Je n'arrive pas à comprendre que le format des vidéos faite avec l'iPhone 5 soit illisible sur le premier iPad.

Avez-vous déjà été confronté à ce problème ? Avez-vous une solution autre que celle trouvée ?

Merci,

Bon dimanche.


----------



## Lauange (10 Juin 2013)

Bonjour,

Je trouve étonnant cette incompatibilité (peut être est ce du au fait que ton iphone 5 filme en 1080). Peut être que la lecture de tes videos fonctionnerai avec oplayer ou ace player ? A tester.


----------



## pierreisland (10 Juin 2013)

Bonjour Lauange,

merci pour ta contribution. Effectivement, je viens de tester une des vidéos sur OPlayer et AVPlayer et toutes deux sont lisibles bien que sur OPlayer la lecture est totalement fluide. 

Je suis soulagé, mon problème ne venant finalement pas du premier iPad mais certainement d'iTunes qui doit bloquer le format des vidéos.
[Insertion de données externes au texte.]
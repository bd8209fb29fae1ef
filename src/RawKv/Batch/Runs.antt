-- ===== src/RawKv/Batch/Runs.antt =====
-- Whole runs of the batch tasks that give out a state for each key.
use dingo_sdk.Base.{
  ℕ, ◌≤◌, max, Bool, true, false, List, [], map, length, Option, none, some, if◌then◌else◌, ◌==◌,
  ◌≡◌, Bool-cases, inl, inr, arith, ==_iff,
}
use dingo_sdk.Key.{Key}
use dingo_sdk.Outcome.{Outcome, Returns, Returns-map}
use dingo_sdk.Status.{Status, Result, is_ok, of_code, invalid_argument}
use dingo_sdk.Region.{RegionPtr}
use dingo_sdk.Rpc.{ErrorCode}
use dingo_sdk.Keyed.{Group, Keyed, do_async, insert_all}
use dingo_sdk.Keyed.Count.{count, count-insert_all}
use dingo_sdk.Keyed.Once.{Terms, Around, Accounts, Taken, do_async-Ran}
use dingo_sdk.RawKv.{Task, async_run}
use dingo_sdk.RawKv.Ends.{Ends, run-Ends}
use dingo_sdk.RawKv.Batch.{
  BatchCall, batch_put, batch_get, batch_delete, batch_put_if_absent, batch_compare_and_set,
  Request, Response, first_of, keys_of, init, send, start,
}
use dingo_sdk.RawKv.Batch
use dingo_sdk.RawKv.Batch.States.{GivesStates, key_of, terms, Served, look_up-LookedUp, send-Sent}

-- The call is one that gives out states.
abbrev pub AsksStates : BatchCall → Type 0
AsksStates (batch_put_if_absent kvs) = Unit
AsksStates (batch_compare_and_set kvs expected) = Unit
AsksStates _ = ⊥

refused :
    (tried : Status × List Key) (test : Bool)
    → test ≡ false
    → is_ok (if test then tried else (of_code invalid_argument, [])).0 ≡ true
    → ⊥
refused tried true n h = cc n
refused tried false n h = cc h

init-GivesStates : (b : BatchCall) → AsksStates b → is_ok (init b).0 ≡ true → GivesStates b
unfolding init
init-GivesStates (batch_put_if_absent kvs) a h = tt
init-GivesStates (batch_compare_and_set kvs vs) a h = elim (Bool-cases (length kvs == length vs)) [
  | inl y ↦ (==_iff (length kvs) (length vs)).0 y
  | inr n ↦ absurd (refused (insert_all (map first_of kvs) []) (length kvs == length vs) n h)
]
init-GivesStates (batch_put kvs) a h = absurd a
init-GivesStates (batch_get ks) a h = absurd a
init-GivesStates (batch_delete ks) a h = absurd a

init-count :
    (b : BatchCall)
    → GivesStates b
    → is_ok (init b).0 ≡ true
    → (k : Key) → count k (init b).1 ≡ count k (keys_of b)
unfolding init
init-count (batch_put_if_absent kvs) g h k =
    omega (arith, count-insert_all k (map first_of kvs) [] h)
init-count (batch_compare_and_set kvs vs) g h k =
    inserted (length kvs == length vs) ((==_iff (length kvs) (length vs)).1 g) h
  where
    inserted :
        (test : Bool)
        → test ≡ true
        → is_ok
            (if test then insert_all (map first_of kvs) [] else (of_code invalid_argument, [])).0
          ≡ true
        → count k
            (if test then insert_all (map first_of kvs) [] else (of_code invalid_argument, [])).1
          ≡ count k (map first_of kvs)
    inserted true y z = omega (arith, count-insert_all k (map first_of kvs) [] z)
    inserted false y z = cc y
init-count (batch_put kvs) g h k = absurd g
init-count (batch_get ks) g h k = absurd g
init-count (batch_delete ks) g h k = absurd g

-- The task has ended within its retries, and an OK comes with one state for each key of the call.
abbrev pub OneEach : {C : Type 0} → ℕ → BatchCall → Option (Task (Keyed Batch.Taken × C)) → Type 0
OneEach max_retry b none = ⊥
OneEach max_retry b (some t) =
    (t.retry_count ≤ max 1 max_retry)
    × (is_ok t.status ≡ true
        → (k : Key) → count k (map key_of t.inner.0.own.tmp_out_states) ≡ count k (keys_of b))

module _ {C : Type 0} (number : ErrorCode → ℕ) (look_up : Key → C → Outcome (Result RegionPtr × C))
    (call : RegionPtr → Request → C → Outcome ((Status × Response) × C))
    (order : List Group → List Group) (b : BatchCall) (Holds : C → Type 0) where
  abbrev our_terms : Terms C Batch.Taken
  our_terms = terms look_up call order b Holds

  module _ (w : Around look_up (send call b) order our_terms) where
    abbrev Kept : Keyed Batch.Taken × C → Type 0
    Kept = Accounts look_up (send call b) order our_terms w

    abbrev AllTaken : Keyed Batch.Taken × C → Type 0
    AllTaken = Taken look_up (send call b) order our_terms w

    Ends-OneEach :
        (max_retry : ℕ) (x : Option (Task (Keyed Batch.Taken × C)))
        → Ends number (do_async look_up (send call b) order) max_retry Kept AllTaken x
        → OneEach max_retry b x
    Ends-OneEach max_retry none e = e
    Ends-OneEach max_retry (some t) e = (e.bounded, e.result)

  -- A put-if-absent or compare-and-set of several keys ends after at most its retries, on fuel for one
  -- run for each, provided that the lookups, the calls and the order do as `Served` says. If the task ends
  -- with OK, the states that it gives out are one for each key of the call and no other, however many
  -- runs and requests it took.
  pub batch-OneEach :
      Served look_up call order b Holds
      → AsksStates b
      → (c : C) → Holds c
      → (max_retry fuel : ℕ) → max 1 max_retry ≤ fuel
      → Returns
          (async_run number (do_async look_up (send call b) order) max_retry fuel (start b c))
          (OneEach max_retry b)
  unfolding async_run start
  batch-OneEach v a c i max_retry fuel f = elim (Bool-cases (is_ok (init b).0)) [
    | inr n ↦ rw (n) (omega arith, λ y. cc (y, n))
    | inl y ↦
        let g = init-GivesStates b a y in
        let w : Around look_up (send call b) order our_terms = record {
          looks = look_up-LookedUp look_up call order b Holds v g;
          sends = send-Sent look_up call order b Holds v g;
          shuffles = v.shuffles;
        } in
        rw (y) (
          Returns-map
            (Ends number (do_async look_up (send call b) order) max_retry (Kept w) (AllTaken w))
            (OneEach max_retry b) _ (Ends-OneEach w max_retry)
            (run-Ends number (do_async look_up (send call b) order) max_retry (Kept w) (AllTaken w)
              (do_async-Ran look_up (send call b) order our_terms w) fuel _
              (i, λ k. omega (arith, init-count b g y k)) (omega arith) (omega (arith, f))))
  ]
J'ai fait une seule vidéo avec la caméra frontale, en 720p donc, et celle-ci a pu être synchronisée sans problème sur l'iPad.

A suivre, si quelqu'un a le même problème.


----------



## Lauange (10 Juin 2013)

Est ce que tu a coché les videos lors de la synchro ? Iphone de ...Barre du haut Photos et cocher inclure les videos.


----------



## pierreisland (10 Juin 2013)

oui, oui tout est bien coché comme il faut, inclure les vidéos, les dossiers sont cochés. Rien à faire, elles ne se synchronisent pas.


----------